Saved data entries:

==================================================

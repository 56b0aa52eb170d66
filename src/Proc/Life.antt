-- ===== src/Proc/Life.antt =====
-- The life of a process: allocproc, freeproc, fork, reparent, exit and wait of kernel/proc.c.
-- The memory and file layers that these functions call are the operations of a `Kernel`.
pub mod Search
pub mod Inv
pub mod Fork
pub mod Exit
pub mod Wait
use xv6_riscv_private.Common.{
  ℕ, zero, suc, ◌+◌, ◌%◌, ◌^◌, Bool, true, false, ◌&&◌, ◌||◌, not, Option, none, some, List, [],
  ◌∷◌, ltb, ◌==◌, if◌then◌else◌, update, ℤ, pos, negsuc, Outcome, ok, panic, panic_if, ◌>>=◌, ◌>>◌,
  take,
}
use xv6_riscv_private.Riscv.{pgsize}
use xv6_riscv_private.Proc.{
  ProcState, unused, used, sleeping, runnable, running, zombie, Proc, nproc, is_unused, is_zombie,
  is_proc,
}
use xv6_riscv_private.Proc.{Table as ProcTable}
use xv6_riscv_private.Proc.Fair.{get_min_accumulator}
use xv6_riscv_private.Proc.Wake.{wakeup, fall_asleep}

-- What the process layer calls. `World` is the memory, the files and the disk.
pub record Kernel : Type 1 where
  pub World : Type 0
  -- `kalloc` and `kfree` of a trapframe page
  pub kalloc : World → ℕ × World
  pub kfree : ℕ → World → Outcome World
  -- `proc_pagetable` for a process with this trapframe; 0 on failure
  pub proc_pagetable : ℕ → World → Outcome (ℕ × World)
  pub proc_freepagetable : ℕ → ℕ → World → Outcome World
  -- `uvmcopy(old, new, sz)`; false on failure
  pub uvmcopy : ℕ → ℕ → ℕ → World → Outcome (Bool × World)
  -- `*(np->trapframe) = *(p->trapframe); np->trapframe->a0 = 0;`
  pub fork_trapframe : ℕ → ℕ → World → World
  -- `copyout(pagetable, dstva, bytes)`; false on failure
  pub copyout_xstate : ℕ → ℕ → ℤ → World → Bool × World
  pub copyout_msg : ℕ → ℕ → List ℕ → World → Bool × World
  pub filedup : ℕ → World → Outcome World
  pub fileclose : ℕ → World → Outcome World
  pub idup : ℕ → World → World
  -- `begin_op(); iput(p->cwd); end_op();`
  pub put_cwd : ℕ → World → Outcome World
  pub forkret : ℕ
  -- the address of `proc[i]`, on which processes sleep
  pub proc_addr : ℕ → ℕ

-- the first UNUSED process from index `i` on
unfoldable pub find_unused : ℕ → ℕ → ProcTable → Option ℕ
find_unused zero i t = none
find_unused (suc n) i t =
    let rest = find_unused n (i + 1) t in if is_unused (t i).state then some i else rest

-- what `freeproc` leaves in the process structure; a name is the string in its array
unfoldable pub cleared : Proc → Proc
cleared p = record p {
  trapframe = 0;
  pagetable = 0;
  sz = 0;
  pid = 0;
  parent = none;
  name = [];
  chan = 0;
  killed = false;
  xstate = pos 0;
  state = unused;
}

-- `np->ofile[i] = filedup(p->ofile[i])` where the parent has a file, for the whole array
unfoldable pub copy_files : List ℕ → List ℕ → List ℕ
copy_files [] theirs = theirs
copy_files (f ∷ fs) [] = []
copy_files (f ∷ fs) (g ∷ gs) = (if f == 0 then g else f) ∷ copy_files fs gs

-- `fileclose` leaves a null pointer in each slot.
unfoldable pub closed_files : List ℕ → List ℕ
closed_files [] = []
closed_files (f ∷ fs) = 0 ∷ closed_files fs

-- `if(pp->parent == p) pp->parent = initproc`
unfoldable pub adopt : ℕ → ℕ → Proc → Proc
adopt me init p = if is_proc p.parent me then record p { parent = some init } else p

-- what `fork` writes to the process structure of the child `np`; the scheduling fields are written
-- when the child is RUNNABLE already, so `getMinAccumulator` sees it
unfoldable pub fork_table : ℕ → ℕ → ProcTable → ProcTable
unfolding copy_files
fork_table me np t =
    let p = t me in
    let q = t np in
    let child = record q {
      sz = p.sz;
      ofile = copy_files p.ofile q.ofile;
      cwd = p.cwd;
      name = take 15 p.name;
      parent = some me;
      state = runnable;
      ps_priority = pos 5;
    } in
    let t' = update t np child in
    update t' np (record child {
      accumulator = get_min_accumulator t';
      cfs_priority = (t' me).cfs_priority;
      rtime = 0;
      stime = 0;
      retime = 0;
    })

module _ (K : Kernel) where
  open K use {World, proc_addr}

  -- `nextpid` is the 32 bits of an `int`: the number itself below 2 ^ 31, and negative from there on.
  pub record Sys : Type 0 where
    pub procs : ProcTable
    pub nextpid : ℕ
    pub initproc : ℕ
    pub world : World

  abbrev pub put : ℕ → Proc → Sys → Sys
  put i p s = record s { procs = update s.procs i p }

  unfoldable pub freeproc : ℕ → Sys → Outcome Sys
  unfolding cleared
  freeproc i s = do
    let p = s.procs i
    w ← if p.trapframe == 0 then ok s.world else K.kfree p.trapframe s.world
    w' ← if p.pagetable == 0 then ok w else K.proc_freepagetable p.pagetable p.sz w
    ok (record s { procs = update s.procs i (cleared p); world = w' })

  -- the error path of `allocproc`
  unfoldable pub give_up : ℕ → Sys → Outcome (Option ℕ × Sys)
  give_up i s = do s' ← freeproc i s; ok (none, s')

  -- `allocproc` once the trapframe is there: the page table and the context
  unfoldable pub map_up : ℕ → Sys → Outcome (Option ℕ × Sys)
  map_up i s = do
    (pt, w) ← K.proc_pagetable (s.procs i).trapframe s.world
    let p = record (s.procs i) { pagetable = pt }
    let s' : Sys = record s { procs = update s.procs i p; world = w }
    let p' = record p { context_ra = K.forkret; context_sp = p.kstack + pgsize }
    if pt == 0 then give_up i s' else ok (some i, put i p' s')

  -- `allocproc` from `found:` on; the result is none where an allocation fails
  unfoldable pub set_up : ℕ → Sys → Outcome (Option ℕ × Sys)
  set_up i s =
      let (tf, w) = K.kalloc s.world in
      let p = record (s.procs i) { pid = s.nextpid; state = used; trapframe = tf } in
      let s' : Sys = record {
        procs = update s.procs i p;
        nextpid = (s.nextpid + 1) % 2 ^ 32;
        initproc = s.initproc;
        world = w;
      } in
      if tf == 0 then give_up i s' else map_up i s'

  unfoldable pub allocproc : Sys → Outcome (Option ℕ × Sys)
  allocproc s = elim (find_unused nproc 0 s.procs) [ none ↦ ok (none, s) | some i ↦ set_up i s ]

  unfoldable pub dup_files : List ℕ → World → Outcome World
  dup_files [] w = ok w
  dup_files (f ∷ fs) w = do w' ← if f == 0 then ok w else K.filedup f w; dup_files fs w'

  unfoldable pub close_files : List ℕ → World → Outcome World
  close_files [] w = ok w
  close_files (f ∷ fs) w = do w' ← if f == 0 then ok w else K.fileclose f w; close_files fs w'

  -- `fork` once `allocproc` has returned `np`
  unfoldable pub fork_into : ℕ → ℕ → Sys → Outcome (ℤ × Sys)
  fork_into me np s = do
    let p = s.procs me
    let q = s.procs np
    (good, w) ← K.uvmcopy p.pagetable q.pagetable p.sz s.world
    let failed = (do t ← freeproc np (record s { world = w }); ok (negsuc 0, t))
    let forked = (do
      w' ← dup_files p.ofile (K.fork_trapframe p.trapframe q.trapframe w)
      ok (pos q.pid, record s { procs = fork_table me np s.procs; world = K.idup p.cwd w' }))
    if good then forked else failed

  unfoldable pub fork : ℕ → Sys → Outcome (ℤ × Sys)
  fork me s = do
    (r, s') ← allocproc s
    elim r [ none ↦ ok (negsuc 0, s') | some np ↦ fork_into me np s' ]

  unfoldable pub reparent_loop : ℕ → ℕ → ℕ → ℕ → ProcTable → ProcTable
  reparent_loop zero i me init t = t
  reparent_loop (suc n) i me init t = reparent_loop n (i + 1) me init (
      if is_proc (t i).parent me
      then wakeup (some me) (proc_addr init) (update t i (adopt me init (t i)))
      else t)

  unfoldable pub reparent : ℕ → ℕ → ProcTable → ProcTable
  reparent me init t = reparent_loop nproc 0 me init t

  -- the address in a `struct proc *`
  abbrev pub parent_addr : Option ℕ → ℕ
  parent_addr none = 0
  parent_addr (some i) = proc_addr i

  -- what `exit` does to the process table
  unfoldable pub exit_table : ℤ → List ℕ → ℕ → ℕ → ProcTable → ProcTable
  exit_table status msg me init t =
      let p = t me in
      let q = record p { exit_msg = take 32 msg; ofile = closed_files p.ofile; cwd = 0 } in
      let t' = reparent me init (update t me q) in
      let t'' = wakeup (some me) (parent_addr (t' me).parent) t' in
      update t'' me (record (t'' me) { xstate = status; state = zombie })

  -- `exit` up to `sched()`, from which it does not return
  unfoldable pub exit : ℤ → List ℕ → ℕ → Sys → Outcome Sys
  exit status msg me s = do
    panic_if (me == s.initproc)
    w ← close_files (s.procs me).ofile s.world
    w' ← K.put_cwd (s.procs me).cwd w
    ok (record s { procs = exit_table status msg me s.initproc s.procs; world = w' })

  -- `addr != 0 && copyout(... &pp->xstate ...) < 0`: false where that fails
  unfoldable pub copy_status : ℕ → ℕ → ℕ → Sys → Bool × World
  copy_status c me addr s =
      if addr == 0
      then (true, s.world)
      else K.copyout_xstate (s.procs me).pagetable addr (s.procs c).xstate s.world

  -- the exit message is copied out, whether that works or not, and the child is freed
  unfoldable pub collect : ℕ → ℕ → ℕ → Sys → Outcome (Option ℤ × Sys)
  collect c me msg_addr s = do
    let w = (K.copyout_msg (s.procs me).pagetable msg_addr (s.procs c).exit_msg s.world).1
    s' ← freeproc c (record s { world = w })
    ok (some (pos (s.procs c).pid), s')

  -- `wait` on finding the exited child `c`
  unfoldable pub reap : ℕ → ℕ → ℕ → ℕ → Sys → Outcome (Option ℤ × Sys)
  reap c me addr msg_addr s =
      let (good, w) = copy_status c me addr s in
      let s' : Sys = record s { world = w } in
      if good then collect c me msg_addr s' else ok (some (negsuc 0), s')

  -- one scan of `wait` from index `i` on; none means that the caller sleeps on its own address
  unfoldable pub wait_loop : ℕ → ℕ → Bool → ℕ → ℕ → ℕ → Sys → Outcome (Option ℤ × Sys)
  wait_loop zero i havekids me addr msg_addr s =
      if not havekids || (s.procs me).killed
      then ok (some (negsuc 0), s)
      else ok (none, record s { procs = fall_asleep me (proc_addr me) s.procs })
  wait_loop (suc n) i havekids me addr msg_addr s =
      let mine = is_proc (s.procs i).parent me in
      let rest = wait_loop n (i + 1) (havekids || mine) me addr msg_addr s in
      let found = reap i me addr msg_addr s in
      if mine && is_zombie (s.procs i).state then found else rest

  unfoldable pub wait : ℕ → ℕ → ℕ → Sys → Outcome (Option ℤ × Sys)
  wait me addr msg_addr s = wait_loop nproc 0 false me addr msg_addr s

-- `getProc`
unfoldable pub get_proc_loop : ℕ → ℕ → ℕ → ProcTable → Option ℕ
get_proc_loop zero i pid t = none
get_proc_loop (suc n) i pid t =
    let rest = get_proc_loop n (i + 1) pid t in if (t i).pid == pid then some i else rest

unfoldable pub get_proc : ℕ → ProcTable → Option ℕ
get_proc pid t = get_proc_loop nproc 0 pid t
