-- ===== src/Proc/Wake/Laws.antt =====
-- Whom `wakeup` and `kill` wake.
use xv6_riscv_private.Common.{
  ℕ, zero, suc, ◌+◌, ◌≤◌, ◌<◌, ◌≡◌, ◌≢◌, ◌⊎◌, inl, inr, refl, ◌∙◌, Bool, true, false, ◌&&◌, ◌||◌,
  not, Option, ltb, leb, ◌==◌, if◌then◌else◌, update, for_each, for_each_lem, ℤ, pos, negsuc, arith,
  Bool-cases,
}
use xv6_riscv_private.Proc.{runnable, Proc, Table, nproc, is_sleeping, is_proc}
use xv6_riscv_private.Proc.Wake.{
  wake_tick, wake_one, wakeup_loop, wakeup, fall_asleep, kill_one, kill_loop, kill,
}

-- what scheduling never changes of a process
pub record SameIdentity (p q : Proc) : Type 0 where
  pub pid : q.pid ≡ p.pid
  pub parent : q.parent ≡ p.parent
  pub chan : q.chan ≡ p.chan
  pub killed : q.killed ≡ p.killed
  pub xstate : q.xstate ≡ p.xstate
  pub sz : q.sz ≡ p.sz
  pub pagetable : q.pagetable ≡ p.pagetable
  pub trapframe : q.trapframe ≡ p.trapframe

abbrev pub is_asleep_on : ℕ → Proc → Bool
is_asleep_on chan p = is_sleeping p.state && p.chan == chan

abbrev Woken : Option ℕ → ℕ → Bool → Proc → Proc → ℕ → Type 0
Woken me chan inside p q j =
    (q.state
      ≡ (if inside && (not (is_proc me j) && is_asleep_on chan p) then runnable else p.state))
    × SameIdentity p q

SameIdentity-refl : (p : Proc) → SameIdentity p p
SameIdentity-refl p = record {
  pid = refl;
  parent = refl;
  chan = refl;
  killed = refl;
  xstate = refl;
  sz = refl;
  pagetable = refl;
  trapframe = refl;
}

wake_one_lem :
    (me : Option ℕ) (chan i : ℕ) (t : Table) (j : ℕ)
    → Woken me chan (i == j) (t j) (wake_one me chan i t j) j
unfolding wake_one
wake_one_lem me chan i t j = elim (Bool-cases (i == j)) [
  | inl e ↦
      let q : i ≡ j = ground arith in
      rw (← q) (elim (Bool-cases (is_proc me i)) [
        | inl mine ↦ rw (mine, wake_one) (ground arith, SameIdentity-refl (t i))
        | inr other ↦
            rw (other, wake_one)
              (elim (Bool-cases (is_asleep_on chan (t i))) [
                | inl a ↦ rw a (ground arith, ground arith)
                | inr a ↦ rw a (ground arith, SameIdentity-refl (t i))
              ])
      ])
  | inr e ↦
      let same : wake_one me chan i t j ≡ t j = ground arith in
      rw (same, e) (refl, SameIdentity-refl (t j))
]

Woken-trans :
    (me : Option ℕ) (chan j : ℕ) (first rest : Bool) (p q r : Proc)
    → Woken me chan first p q j
    → Woken me chan rest q r j
    → Woken me chan (first || rest) p r j
Woken-trans me chan j first rest p q r f g = (ground arith, ground arith)

wake_tick_lem : (p : Proc) → (wake_tick p).state ≡ p.state
unfolding wake_tick
wake_tick_lem p = ground arith

wake_tick-SameIdentity : (p : Proc) → SameIdentity p (wake_tick p)
unfolding wake_tick
wake_tick-SameIdentity p = ground arith

wakeup_loop-Woken :
    (n i : ℕ) (me : Option ℕ) (chan : ℕ) (t : Table) (j : ℕ)
    → Woken me chan (leb i j && ltb j (i + n)) (t j) (wakeup_loop n i me chan t j) j
unfolding wakeup_loop
wakeup_loop-Woken zero i me chan t j = (ground arith, SameIdentity-refl (t j))
wakeup_loop-Woken (suc n) i me chan t j =
    let t' = wake_one me chan i t in
    let here : (leb i j && ltb j (i + suc n)) ≡ ((i == j) || (leb (i + 1) j && ltb j (i + 1 + n))) =
      ground arith in
    rw here (
      Woken-trans me chan j (i == j) (leb (i + 1) j && ltb j (i + 1 + n)) (t j) (t' j)
        (wakeup_loop n (i + 1) me chan t' j) (wake_one_lem me chan i t j)
        (wakeup_loop-Woken n (i + 1) me chan t' j))

SameIdentity-trans : (p q r : Proc) → SameIdentity p q → SameIdentity q r → SameIdentity p r
SameIdentity-trans p q r f g = ground arith

ticked :
    (t : Table) (j : ℕ)
    → ((for_each nproc 0 wake_tick t j).state ≡ (t j).state)
      × SameIdentity (t j) (for_each nproc 0 wake_tick t j)
ticked t j =
    rw (for_each_lem nproc 0 wake_tick t j) (elim (Bool-cases (leb 0 j && ltb j (0 + nproc))) [
      | inl e ↦ rw e (wake_tick_lem (t j), wake_tick-SameIdentity (t j))
      | inr e ↦ rw e (refl, SameIdentity-refl (t j))
    ])

-- `wakeup` makes runnable exactly the processes of the table that sleep on the channel, except the
-- caller; every other keeps its state, and none loses its identity, parent, channel or memory.
pub wakeup_lem :
    (me : Option ℕ) (chan : ℕ) (t : Table) (j : ℕ)
    → j < nproc
    → ((wakeup me chan t j).state
        ≡ (if not (is_proc me j) && is_asleep_on chan (t j) then runnable else (t j).state))
      × SameIdentity (t j) (wakeup me chan t j)
unfolding wakeup
wakeup_lem me chan t j lt =
    let t' = for_each nproc 0 wake_tick t in
    let (s, same) = ticked t j in
    let inside : (leb 0 j && ltb j (0 + nproc)) ≡ true = ground arith in
    let (s', same') = wakeup_loop-Woken nproc 0 me chan t' j in
    (
      s' ∙ rw (inside, s, same.chan),
      SameIdentity-trans (t j) (t' j) (wakeup_loop nproc 0 me chan t' j) same same',
    )

-- A process that goes to sleep on a channel is runnable after any `wakeup` of that channel by
-- another process.
pub wakeup-fall_asleep :
    (i chan : ℕ) (me : Option ℕ) (t : Table)
    → i < nproc
    → is_proc me i ≡ false
    → (wakeup me chan (fall_asleep i chan t) i).state ≡ runnable
unfolding fall_asleep
wakeup-fall_asleep i chan me t lt other =
    (wakeup_lem me chan (fall_asleep i chan t) i lt).0 ∙ rw other (ground arith)

-- what `kill` did, when the processes from `i` on were searched
abbrev Killed : ℕ → ℕ → ℕ → Table → ℤ × Table → Type 0
Killed n i pid t (r, t') =
    ((r ≡ pos 0)
      × ((k : ℕ) × (i ≤ k)
          × (k < i + n)
          × ((t k).pid ≡ pid)
          × ((j : ℕ) → i ≤ j → j < k → (t j).pid ≢ pid)
          × (t' ≡ update t k (kill_one (t k)))))
    ⊎ ((r ≡ negsuc 0) × (t' ≡ t) × ((j : ℕ) → i ≤ j → j < i + n → (t j).pid ≢ pid))

kill_loop-Killed : (n i pid : ℕ) (t : Table) → Killed n i pid t (kill_loop n i pid t)
unfolding kill_loop
kill_loop-Killed zero i pid t = inr (refl, refl, λ j l u. absurd (omega arith))
kill_loop-Killed (suc n) i pid t = elim (Bool-cases ((t i).pid == pid)) [
  | inl hit ↦ rw hit (
      inl
        (refl, (i, omega arith, omega arith, ground arith, (λ j l u. absurd (omega arith)), refl)))
  | inr miss ↦ rw miss (elim (kill_loop-Killed n (i + 1) pid t) [
    | inl (r, (k, l, u, e, before, q)) ↦
        inl (r, (k, omega arith, omega arith, e, λ j l' u' e'. ground (arith, before j), q))
    | inr (r, q, all) ↦ inr (r, q, λ j l u e'. ground (arith, all j))
  ])
]

kill_one_lem :
    (p : Proc)
    → ((kill_one p).killed ≡ true)
      × ((kill_one p).state ≡ (if is_sleeping p.state then runnable else p.state))
unfolding kill_one
kill_one_lem p = ground arith

self : (k : ℕ) → (k == k) ≡ true
self k = ground arith

-- `kill` marks the first process with the pid and makes it runnable if it was sleeping, changes no
-- other process, and returns 0; it returns -1 and changes nothing exactly if there is none.
pub kill_lem :
    (pid : ℕ) (t : Table)
    → (((kill pid t).0 ≡ pos 0)
        × ((k : ℕ) × (k < nproc)
            × ((t k).pid ≡ pid)
            × ((j : ℕ) → j < k → (t j).pid ≢ pid)
            × ((kill pid t).1 k).killed ≡ true
            × ((kill pid t).1 k).state ≡ (if is_sleeping (t k).state then runnable else (t k).state)
            × ((j : ℕ) → j ≢ k → (kill pid t).1 j ≡ t j)))
      ⊎ (((kill pid t).0 ≡ negsuc 0)
          × ((kill pid t).1 ≡ t)
          × ((j : ℕ) → j < nproc → (t j).pid ≢ pid))
unfolding kill
kill_lem pid t = elim (kill_loop-Killed nproc 0 pid t) [
  | inl (r, (k, l, u, e, before, q)) ↦ inl (
    r,
    (
      k,
      u,
      e,
      (λ j u'. before j (omega arith) u'),
      rw (q, self k) (kill_one_lem (t k)).0,
      rw (q, self k) (kill_one_lem (t k)).1,
      (λ j ne. rw q (ground arith)),
    ),
  )
  | inr (r, q, all) ↦ inr (r, q, λ j u. all j (omega arith) u)
]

==================================================

#### The problem:
Each line from the one containing "before, q)) ↦ inl" through the end of the entries, both included, is to be returned exactly, with no other lines.

#### Exercise result:
  | inl (r, (k, l, u, e, before, q)) ↦ inl (
    r,
    (
      k,
      u,
      e,
      (λ j u'. before j (omega arith) u'),
      rw (q, self k) (kill_one_lem (t k)).0,
      rw (q, self k) (kill_one_lem (t k)).1,
      (λ j ne. rw q (ground arith)),
    ),
  )
  | inr (r, q, all) ↦ inr (r, q, λ j u. all j (omega arith) u)
]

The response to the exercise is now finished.